Gauff, at age 19, became the youngest American player to reach the final in New York since Serena Williams in 2001 after a protracted delay caused by protesters in the spectators.
These days, kids mature rapidly, and Coco Gauff is no exception.
In early July, she was a tentative tennis youngster probably heading into the sport’s wilderness, unable to explain why she was still waiting for her big moment despite having seemed so precocious and destined for greatness.
In September, she will be the focus of the media as a finalist at the U.S. Open, the country’s premier tennis competition.
On a sweltering Thursday night at Arthur Ashe Stadium, Gauff, a 19-year-old prodigy from sultry South Florida, defeated Karolina Muchova of the Czech Republic, 6-4, 7-5. Muchova’s all-court game and the oddest of atmospheres put her to the test like never before, but the night went her way in front of an audience that repeatedly erupted for her.
She added in her on-court interview, “Some of those points were so loud I don’t know if my ears are going to be OK.”
In the second set, with Gauff in command, a climate protest delayed play for nearly 50 minutes as the NYPD and security personnel struggled to remove protesters, one of whom had used an adhesive to glue his feet to the concrete in one of the upper levels of the stadium.
Gauff was up 6-4, 1-0, and playing excellently as the match was interrupted. Muchova, who was playing with a black compression sleeve covering her right arm from the biceps to the wrist and, she said, tape beneath the sleeve, appeared to be playing with a tight right arm.
While waiting for the game to start, Gauff and Muchova went to the locker room and the warm-up area to loosen up. Muchova relaxed with a massage and did some light jogging in the corridor outside the changing area.

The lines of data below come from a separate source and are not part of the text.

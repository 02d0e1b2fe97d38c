-- ===== src/SizeClass/Fit.antt =====
-- `class_for` of toccata-core/src/sizeclass.rs returns the smallest class that is large enough.
use toccata.Base.{
  ℕ, zero, suc, ◌+◌, ◌≤◌, ◌<◌, ◌≡◌, refl, ◌∙◌, arith, ◌==◌, ltb, leb, ltb→lt, ltb→le_of_false, max,
  if◌then◌else◌, inl, inr, Bool-cases, true, false, Option, none, some, List, [], ◌∷◌, get_elem?,
}
use toccata.SizeClass.{max_small, real_sizes, class_sizes, first_fit, class_for, size_of_class}

-- The class `idx + j` is the first of the list that holds `want` bytes.
pub record IsFirstFit (ss : List ℕ) (want j : ℕ) : Type 0 where
  pub size : ℕ
  pub found : get_elem? ss j ≡ some size
  pub holds : want ≤ size
  pub least : (i t : ℕ) → i < j → get_elem? ss i ≡ some t → t < want

skip :
    (s : ℕ) (ss : List ℕ) (want j : ℕ)
    → s < want
    → IsFirstFit ss want j
    → IsFirstFit (s ∷ ss) want (suc j)
skip s ss want j h f = record { size = f.size; found = f.found; holds = f.holds; least = earlier }
  where
    earlier : (i t : ℕ) → i < suc j → get_elem? (s ∷ ss) i ≡ some t → t < want
    earlier zero t l e = ground arith
    earlier (suc i) t l e = f.least i t (omega arith) e

pub first_fit-IsFirstFit :
    (ss : List ℕ) (idx want c : ℕ)
    → first_fit ss idx want ≡ some c
    → (j : ℕ) × (c ≡ idx + j) × IsFirstFit ss want j
unfolding first_fit
first_fit-IsFirstFit [] idx want c e = cc
first_fit-IsFirstFit (s ∷ ss) idx want c e = elim (Bool-cases (leb want s)) [
  | inl b ↦ (
    0,
    ground arith,
    record { size = s; found = refl; holds = ground arith; least = λ i t l. elim l [ ] },
  )
  | inr b ↦
      let (j, at, f) = first_fit-IsFirstFit ss (idx + 1) want c (ground arith) in
      (suc j, omega arith, skip s ss want j (ground arith) f)
]

-- The scan finds a class as soon as one size is large enough.
pub first_fit_total :
    (ss : List ℕ) (idx want i s : ℕ)
    → get_elem? ss i ≡ some s
    → want ≤ s
    → (c : ℕ) × (first_fit ss idx want ≡ some c)
unfolding first_fit
first_fit_total [] idx want i s e h = cc
first_fit_total (t ∷ ss) idx want zero s e h = (idx, ground arith)
first_fit_total (t ∷ ss) idx want (suc i) s e h = elim (Bool-cases (leb want t)) [
  | inl b ↦ (idx, rw b)
  | inr b ↦ rw b (first_fit_total ss (idx + 1) want i s e h)
]

-- The smallest class of a size, as the table and nothing else determines it.
pub record IsSmallestClass (size c : ℕ) : Type 0 where
  pub object : ℕ
  pub real : 0 < c
  pub found : size_of_class c ≡ some object
  pub holds : size ≤ object
  pub least : (d t : ℕ) → 0 < d → d < c → size_of_class d ≡ some t → t < max size 1

top_class : get_elem? real_sizes 47 ≡ some max_small
top_class = refl

pub want_max : (size : ℕ) → (if size == 0 then 1 else size) ≡ max size 1
want_max size = ground arith

smallest_of_first :
    (size j : ℕ) → IsFirstFit real_sizes (max size 1) j → IsSmallestClass size (suc j)
unfolding size_of_class
smallest_of_first size j f = record {
  object = f.size;
  real = omega arith;
  found = f.found;
  holds = omega (arith, f.holds);
  least = earlier;
}
  where
    earlier : (d t : ℕ) → 0 < d → d < suc j → get_elem? class_sizes d ≡ some t → t < max size 1
    earlier zero t p l e = absurd (omega arith)
    earlier (suc d) t p l e = f.least d t (omega arith) e

-- `class_for` refuses exactly the sizes above `MAX_SMALL`.
class_for_large : (size : ℕ) → max_small < size → class_for size ≡ none
unfolding class_for
class_for_large size h = rw (large) refl
  where
    large : ltb max_small size ≡ true
    large = ground arith

class_for_scan :
    (size : ℕ) → size ≤ max_small → class_for size ≡ first_fit real_sizes 1 (max size 1)
unfolding class_for
class_for_scan size h = rw (small, want_max size) refl
  where
    small : ltb max_small size ≡ false
    small = ground arith

pub small_class :
    (size : ℕ) → size ≤ max_small → (c : ℕ) × (class_for size ≡ some c) × IsSmallestClass size c
small_class size h =
    let (c, e) = first_fit_total real_sizes 1 (max size 1) 47 max_small top_class (omega arith) in
    let (j, at, f) = first_fit-IsFirstFit real_sizes 1 (max size 1) c e in
    let same : c ≡ suc j = omega arith in
    (c, class_for_scan size h ∙ e, rw same (smallest_of_first size j f))

-- What the class of a size has to be.
pub data Classifies (size : ℕ) : Option ℕ → Type 0 where
  fits : (c : ℕ) → size ≤ max_small → IsSmallestClass size c → Classifies size (some c)
  oversize : max_small < size → Classifies size none

-- `class_for` gives every size up to `MAX_SMALL` the smallest class whose objects hold it, and
-- refuses every larger size.
pub class_for-Classifies : (size : ℕ) → Classifies size (class_for size)
class_for-Classifies size = elim (Bool-cases (ltb max_small size)) [
  | inl e ↦ let h = ltb→lt max_small size e in rw (class_for_large size h) (oversize h)
  | inr e ↦
      let h = ltb→le_of_false max_small size e in
      let (c, eq, k) = small_class size h in rw eq (fits c h k)
]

Gauff, who was acting erratically, walked up to a USTA employee and leaned over to look at photos of the demonstrators being shared online. She later revealed that when she woke up on Thursday, the thought of a climate protest breaking out immediately flooded her mind, as it had at the French Open in 2022 and at Wimbledon this year.

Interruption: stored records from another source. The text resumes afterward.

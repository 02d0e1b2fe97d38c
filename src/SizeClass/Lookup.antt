-- ===== src/SizeClass/Lookup.antt =====
-- The table of toccata-core/src/sizeclass.rs: `class_of`, one load from it, is `class_for`.
use toccata.Base.{
  ℕ, zero, suc, ◌+◌, ◌/◌, ◌%◌, ◌^◌, ◌≤◌, ◌<◌, ◌≡◌, refl, ◌∙◌, ap, arith, ◌==◌, ltb, if◌then◌else◌,
  inl, inr, Bool-cases, false, ◌||◌, Option, none, some, List, [], ◌∷◌, length, get_elem?, All,
}
use toccata.SizeClass.{
  max_small, real_sizes, num_classes, lookup_len, first_fit, class_for, Cursor, advance, entry_size,
  build_from, lookup, class_of,
}

-- The cursor goes on from where it stands: the classes that it has passed are too small later too.
advance_from :
    (small size class : ℕ) (ss : List ℕ)
    → small ≤ size
    → advance size (advance small class ss).class (advance small class ss).sizes
      ≡ advance size class ss
unfolding advance
advance_from small size class [] h = refl
advance_from small size class (s ∷ ss) h = ground (arith, advance_from small size (class + 1) ss)

-- The entry that the cursor gives is the class that the scan finds, 0 where it finds none.
entry : Cursor → ℕ
entry cur = if ltb cur.class num_classes then cur.class % 2 ^ 16 else 0

-- What the table holds for the result of the scan.
abbrev or_zero : Option ℕ → ℕ
or_zero none = 0
or_zero (some c) = c

entry-first_fit :
    (size class : ℕ) (ss : List ℕ)
    → class + length ss ≡ num_classes
    → entry (advance size class ss) ≡ or_zero (first_fit ss class size)
unfolding advance first_fit entry
entry-first_fit size class [] e = ground arith
entry-first_fit size class (s ∷ ss) e =
    ground (arith, entry-first_fit size (class + 1) ss (omega arith))

entry_size_mono : (i : ℕ) → entry_size i ≤ entry_size (i + 1)
entry_size_mono i = ground arith

build_from-entry :
    (ss : List ℕ) (n i k small : ℕ) (cur : Cursor)
    → cur ≡ advance small 1 ss
    → small ≤ entry_size i
    → k < n
    → get_elem? (build_from n i cur) k ≡ some (entry (advance (entry_size (i + k)) 1 ss))
unfolding build_from entry
build_from-entry ss zero i k small cur e h l = elim l [ ]
build_from-entry ss (suc n) i zero small cur e h l =
    let at : i + 0 ≡ i = omega arith in rw (at, e, advance_from small (entry_size i) 1 ss h) refl
build_from-entry ss (suc n) i (suc k) small cur e h l =
    let at : i + suc k ≡ i + 1 + k = omega arith in
    rw at (
      build_from-entry ss n (i + 1) k (entry_size i) _
        (rw e (advance_from small (entry_size i) 1 ss h)) (entry_size_mono i) (omega arith))

-- The load of `class_of` is in range, and gives the class of the size rounded up to 8.
lookup-entry :
    (i : ℕ)
    → i < lookup_len
    → get_elem? lookup i ≡ some (or_zero (first_fit real_sizes 1 (entry_size i)))
unfolding lookup advance
lookup-entry i l =
    build_from-entry real_sizes lookup_len 0 i 0 (record { class = 1; sizes = real_sizes }) refl
      (omega arith) l
    ∙ ap some (entry-first_fit (entry_size (0 + i)) 1 real_sizes refl)
    ∙ ap (λ (k : ℕ). some (or_zero (first_fit real_sizes 1 (entry_size k)))) (omega arith)

-- Rounding a size up to a multiple of 8 changes nothing for sizes that are multiples of 8.
first_fit-round :
    (ss : List ℕ) (idx size : ℕ)
    → All (λ s. s % 8 ≡ 0) ss
    → 0 < size
    → first_fit ss idx (entry_size ((size + 7) / 8)) ≡ first_fit ss idx size
unfolding first_fit
first_fit-round [] idx size a h = refl
first_fit-round (s ∷ ss) idx size a h = ground (arith, first_fit-round ss (idx + 1) size a.1 h)

first_fit-ne-zero : (ss : List ℕ) (idx want c : ℕ) → first_fit ss idx want ≡ some c → idx ≤ c
unfolding first_fit
first_fit-ne-zero [] idx want c e = cc
first_fit-ne-zero (s ∷ ss) idx want c e = ground (arith, first_fit-ne-zero ss (idx + 1) want c)

real_sizes_round : All (λ s. s % 8 ≡ 0) real_sizes
real_sizes_round = omega arith

-- `class_of` never reads outside its table. It refuses size 0, and on every other size it is
-- `class_for`: one load from the precomputed table replaces the scan.
pub class_of-eq-class_for :
    (size : ℕ) → class_of size ≡ some (if size == 0 then none else class_for size)
unfolding class_of class_for
class_of-eq-class_for size = elim (Bool-cases ((size == 0) || ltb max_small size)) [
  | inl e ↦ rw e (ground arith)
  | inr e ↦
      let small : ltb max_small size ≡ false = ground arith in
      let pos : (size == 0) ≡ false = ground arith in
      let load = lookup-entry ((size + 7) / 8) (ground arith) in
      rw (e, small, pos, load, first_fit-round real_sizes 1 size real_sizes_round (ground arith))
        (ap some (by_scan (first_fit real_sizes 1 size) (first_fit-ne-zero real_sizes 1 size)))
]
  where
    by_scan :
        (r : Option ℕ)
        → ((c : ℕ) → r ≡ some c → 1 ≤ c)
        → (if or_zero r == 0 then none else some (or_zero r)) ≡ r
    by_scan none h = refl
    by_scan (some c) h = ground (arith, h c)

It’s possible you had a premonition. Maybe it was the work of a player who is known for always being well-prepared. She spent her entire high school career competing professionally, but she still managed to graduate on time in the spring of last year. They had a party in the City of Lights. She went on to win six matches at the French Open until losing in the final to the world’s number-one player, Iga Swiatek.
A year after witnessing Serena Williams’s final match, which marked the end of an era for American tennis, a capacity crowd of over 24,000 supporters arrived on Thursday ready to honor a new American tennis queen.
Gauff, who made her debut at Wimbledon when she was 15 and reached the quarterfinals of the French Open last year, has emerged as the frontrunner to fill the hole over the past four years. Since then, though, her development appeared to halt, especially on the biggest stages; she had not yet advanced past the U.S. Open quarterfinals, the tournament where the spotlight was brightest on her.
This run and a championship that is just one match away didn’t seem realistic two months ago, but Gauff showed Thursday night that there is every reason why there should be. She’s always possessed a lethal serve, a tough backhand, and the best court coverage in women’s tennis because of her lightning-fast feet and explosive athleticism.
She has spent the past five weeks mastering the usage of this equipment, and her once-unsteady forehand is now a formidable weapon. Against Muchova, she utilized both hammering and looping forehands, as well as slicing and hammering serves. She slashed with backhands and sprinted toward the net. She seized the initiative and battled with Muchova for points until the Czech star squandered them. Her feathery drop shot resulted in the first of her match points.
Gauff faltered in the middle of the opening set, dropping three games in a row after leading 5-1 as Muchova began to hit out and force Gauff backward. When serving for the match at 5-3 in the second set, she once again dropped her service.
It took three more games, one more break of Muchova’s serve, five more match points, an almost unending, lung-busting, 40-shot rally, strokes made within inches of the net, and moon balls that floated 10 feet above it before Muchova finally won. Then, she resisted Muchova’s final stinging serve and held on until her opponent’s final backhand volley went wide.
Since her first match in the tournament, New York has been hers; tonight, the finals berth was hers as well.